Stored data entries:
• • • • •
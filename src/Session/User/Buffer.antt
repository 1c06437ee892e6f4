-- ===== src/Session/User/Buffer.antt =====
-- The receive buffer of User.h as a byte stream: what `SetPacketData` and its compaction keep.
use unreal5_gas.Base.{
  ℕ, ◌+◌, ◌-◌, ◌≤◌, ◌<◌, ◌≡◌, refl, ◌⊎◌, inl, inr, ap, ◌∙◌, Option, none, some, List, ◌++◌, arith,
  true, false, ◌^◌, ◌||◌, leb, ltb, length, Bool-cases,
}
use unreal5_gas.Base.Slices.{
  slice, write, slice-write, slice-write_zero, length-write, length-slice,
}
use unreal5_gas.Session.User.{
  User, IsValid, unread, store, compact, after_compact, set_packet_data, packet_data_buffer_size,
  add32, sub32,
}

-- What a write of `bytes` promises.
abbrev pub IsStored : List ℕ → User → Option User → Type 0
IsStored bytes u none = ⊥
IsStored bytes u (some v) = IsValid v × (unread v ≡ unread u ++ bytes)

store-IsStored :
    (bytes : List ℕ) (u : User)
    → IsValid u
    → u.w_pos + length bytes ≤ packet_data_buffer_size
    → IsStored bytes u (store bytes u)
unfolding store
store-IsStored bytes u v fits =
    elim (Bool-cases (leb (u.w_pos + length bytes) (length u.packet_data_buffer))) [
      | inl e ↦ rw e (
        record {
          allocated = length-write u.packet_data_buffer u.w_pos bytes (ground arith) ∙ v.allocated;
          read_le = omega arith;
          written_le = omega arith;
        },
        ap (λ n. slice u.r_pos (n - u.r_pos) (write u.packet_data_buffer u.w_pos bytes)) no_wrap
            ∙ slice-write u.r_pos u.w_pos u.packet_data_buffer bytes v.read_le (ground arith),
      )
      | inr e ↦ absurd (ground arith)
    ]
  where
    no_wrap : add32 u.w_pos (length bytes) ≡ u.w_pos + length bytes
    no_wrap = omega arith

store-none :
    (bytes : List ℕ) (u : User)
    → IsValid u
    → packet_data_buffer_size < u.w_pos + length bytes
    → store bytes u ≡ none
unfolding store
store-none bytes u v over = ground arith

-- What the compaction promises.
abbrev IsCompacted : User → Option User → Type 0
IsCompacted u none = ⊥
IsCompacted u (some v) =
    IsValid v × (unread v ≡ unread u) × (v.w_pos ≡ u.w_pos - u.r_pos) × (v.r_pos ≡ 0)

compact-IsCompacted :
    (u : User) → IsValid u → u.w_pos - u.r_pos ≤ u.r_pos → IsCompacted u (compact u)
unfolding compact
compact-IsCompacted u v apart = elim (Bool-cases (ltb 0 (u.w_pos - u.r_pos))) [
  | inl e ↦
      rw (no_wrap, e, in_range)
        (
          record {
            allocated =
                length-write u.packet_data_buffer 0 moved (omega (arith, moved_len)) ∙ v.allocated;
            read_le = omega arith;
            written_le = omega arith;
          },
          ap (λ n. slice 0 n (write u.packet_data_buffer 0 moved)) (omega (arith, moved_len))
              ∙ slice-write_zero u.packet_data_buffer moved,
          refl,
          refl,
        )
  | inr e ↦
      rw (no_wrap, e)
        (
          record { allocated = v.allocated; read_le = omega arith; written_le = omega arith },
          ap (λ n. slice u.r_pos n u.packet_data_buffer) {x = 0} (ground arith),
          ground arith,
          refl,
        )
]
  where
    no_wrap : sub32 u.w_pos u.r_pos ≡ u.w_pos - u.r_pos
    no_wrap = omega arith

    moved : List ℕ
    moved = slice u.r_pos (u.w_pos - u.r_pos) u.packet_data_buffer

    moved_len : length moved ≡ u.w_pos - u.r_pos
    moved_len = length-slice u.r_pos (u.w_pos - u.r_pos) u.packet_data_buffer (omega arith)

    in_range :
        (ltb u.r_pos (u.w_pos - u.r_pos)
          || ltb (length u.packet_data_buffer) (u.r_pos + (u.w_pos - u.r_pos)))
        ≡ false
    in_range = ground arith

compact-none : (u : User) → IsValid u → u.r_pos < u.w_pos - u.r_pos → compact u ≡ none
unfolding compact
compact-none u v overlap = ground arith

-- There is room for `n` more bytes: at the end, or at the front once the unread bytes are moved, and
-- then they do not overlap their new place.
abbrev pub HasRoom : ℕ → User → Type 0
HasRoom n u =
    (u.w_pos + n < packet_data_buffer_size)
    ⊎ ((u.w_pos - u.r_pos ≤ u.r_pos) × (u.w_pos - u.r_pos + n ≤ packet_data_buffer_size))

store_compacted :
    (bytes : List ℕ) (u : User) (c : Option User)
    → IsCompacted u c
    → u.w_pos - u.r_pos + length bytes ≤ packet_data_buffer_size
    → IsStored bytes u (after_compact bytes c)
store_compacted bytes u none h fits = h
store_compacted bytes u (some v) (valid, same, w, r) fits =
    weaken (store bytes v) (store-IsStored bytes v valid (omega arith))
  where
    weaken : (o : Option User) → IsStored bytes v o → IsStored bytes u o
    weaken none h = h
    weaken (some x) (ok, e) = (ok, e ∙ ap (λ b. b ++ bytes) same)

-- If there is room, the write succeeds, the buffer stays well-formed, and the unread bytes are
-- those before it followed by the new ones, whether or not the buffer was compacted.
pub set_packet_data-IsStored :
    (bytes : List ℕ) (u : User)
    → IsValid u
    → length bytes < 2 ^ 31
    → HasRoom (length bytes) u
    → IsStored bytes u (set_packet_data bytes u)
unfolding set_packet_data
set_packet_data-IsStored bytes u v small room =
    elim (Bool-cases (leb packet_data_buffer_size (add32 u.w_pos (length bytes)))) [
      | inl e ↦ rw e (
          store_compacted bytes u (compact u) (compact-IsCompacted u v (ground arith))
            (ground arith))
      | inr e ↦ rw e (store-IsStored bytes u v (ground arith))
    ]

full :
    (bytes : List ℕ) (u : User) (c : Option User)
    → IsCompacted u c
    → packet_data_buffer_size < u.w_pos - u.r_pos + length bytes
    → after_compact bytes c ≡ none
full bytes u none h over = refl
full bytes u (some v) (valid, _, w, r) over = store-none bytes v valid (omega arith)

-- Without room the write leaves the buffer, or copies between overlapping blocks: `SetPacketData`
-- has no check that refuses the data.
pub set_packet_data-none :
    (bytes : List ℕ) (u : User)
    → IsValid u
    → length bytes < 2 ^ 31
    → ¬ HasRoom (length bytes) u
    → set_packet_data bytes u ≡ none
unfolding set_packet_data
set_packet_data-none bytes u v small no_room = elim (Bool-cases (ltb u.r_pos (u.w_pos - u.r_pos))) [
  | inl e ↦ rw (wrap, compact-none u v (ground arith))
  | inr e ↦
      rw wrap (full bytes u (compact u) (compact-IsCompacted u v (ground arith)) (ground arith))
]
  where
    wrap : leb packet_data_buffer_size (add32 u.w_pos (length bytes)) ≡ true
    wrap = ground arith
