-- ===== src/Session/User/Examples.antt =====
-- Tests of User.h's model, and its theorems at concrete inputs.
use unreal5_gas.Base.{ℕ, ◌≡◌, refl, inl, List, [], ◌∷◌, ◌++◌, arith, replicate}
use unreal5_gas.Base.Slices.{slice}
use unreal5_gas.Session.Packet.{packet_bytes}
use unreal5_gas.Session.User.{User, IsValid, unread, set_packet_data, get_packet, new_user}
use unreal5_gas.Session.User.Samples.{user_with, user_with-IsValid, unread-user_with}
use unreal5_gas.Session.User.Buffer.{IsStored, set_packet_data-IsStored}
use unreal5_gas.Session.User.Framing.{cut_packet, get_packet_framing}

abbrev hello : List ℕ
hello = packet_bytes 205 0 (104 ∷ 105 ∷ [])

hello_bytes : hello ≡ 7 ∷ 0 ∷ 205 ∷ 0 ∷ 0 ∷ 104 ∷ 105 ∷ []
hello_bytes = refl

cut_hello : (get_packet (user_with (hello ++ (9 ∷ [])))).0.packet_id ≡ 205
unfolding get_packet new_user
cut_hello = refl

-- 7,900 bytes are unread behind a read position of 100.
abbrev crowded : User
crowded = record new_user { w_pos = 8000; r_pos = 100; packet_data_buffer = replicate 8096 0 }

set_packet_data-IsStored_example :
    IsStored (1 ∷ 2 ∷ []) (user_with hello) (set_packet_data (1 ∷ 2 ∷ []) (user_with hello))
unfolding new_user
set_packet_data-IsStored_example =
    set_packet_data-IsStored (1 ∷ 2 ∷ []) (user_with hello) (user_with-IsValid hello (omega arith))
      (omega arith) (inl (omega arith))

get_packet_framing_example :
    let u = user_with (hello ++ (9 ∷ [])) in
    (get_packet u ≡ cut_packet 205 (104 ∷ 105 ∷ []) u)
    × IsValid (get_packet u).1
    × (unread (get_packet u).1 ≡ 9 ∷ [])
    × (slice u.r_pos 7 u.packet_data_buffer ≡ hello)
get_packet_framing_example =
    get_packet_framing (user_with (hello ++ (9 ∷ []))) 205 0 (104 ∷ 105 ∷ []) (9 ∷ [])
      (user_with-IsValid (hello ++ (9 ∷ [])) (omega arith)) (omega arith)
      (unread-user_with (hello ++ (9 ∷ [])))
• • • • •
## Your goal
Determine how many lines above contain the string "SetPacketData". Give only that number.

## Exercise response
2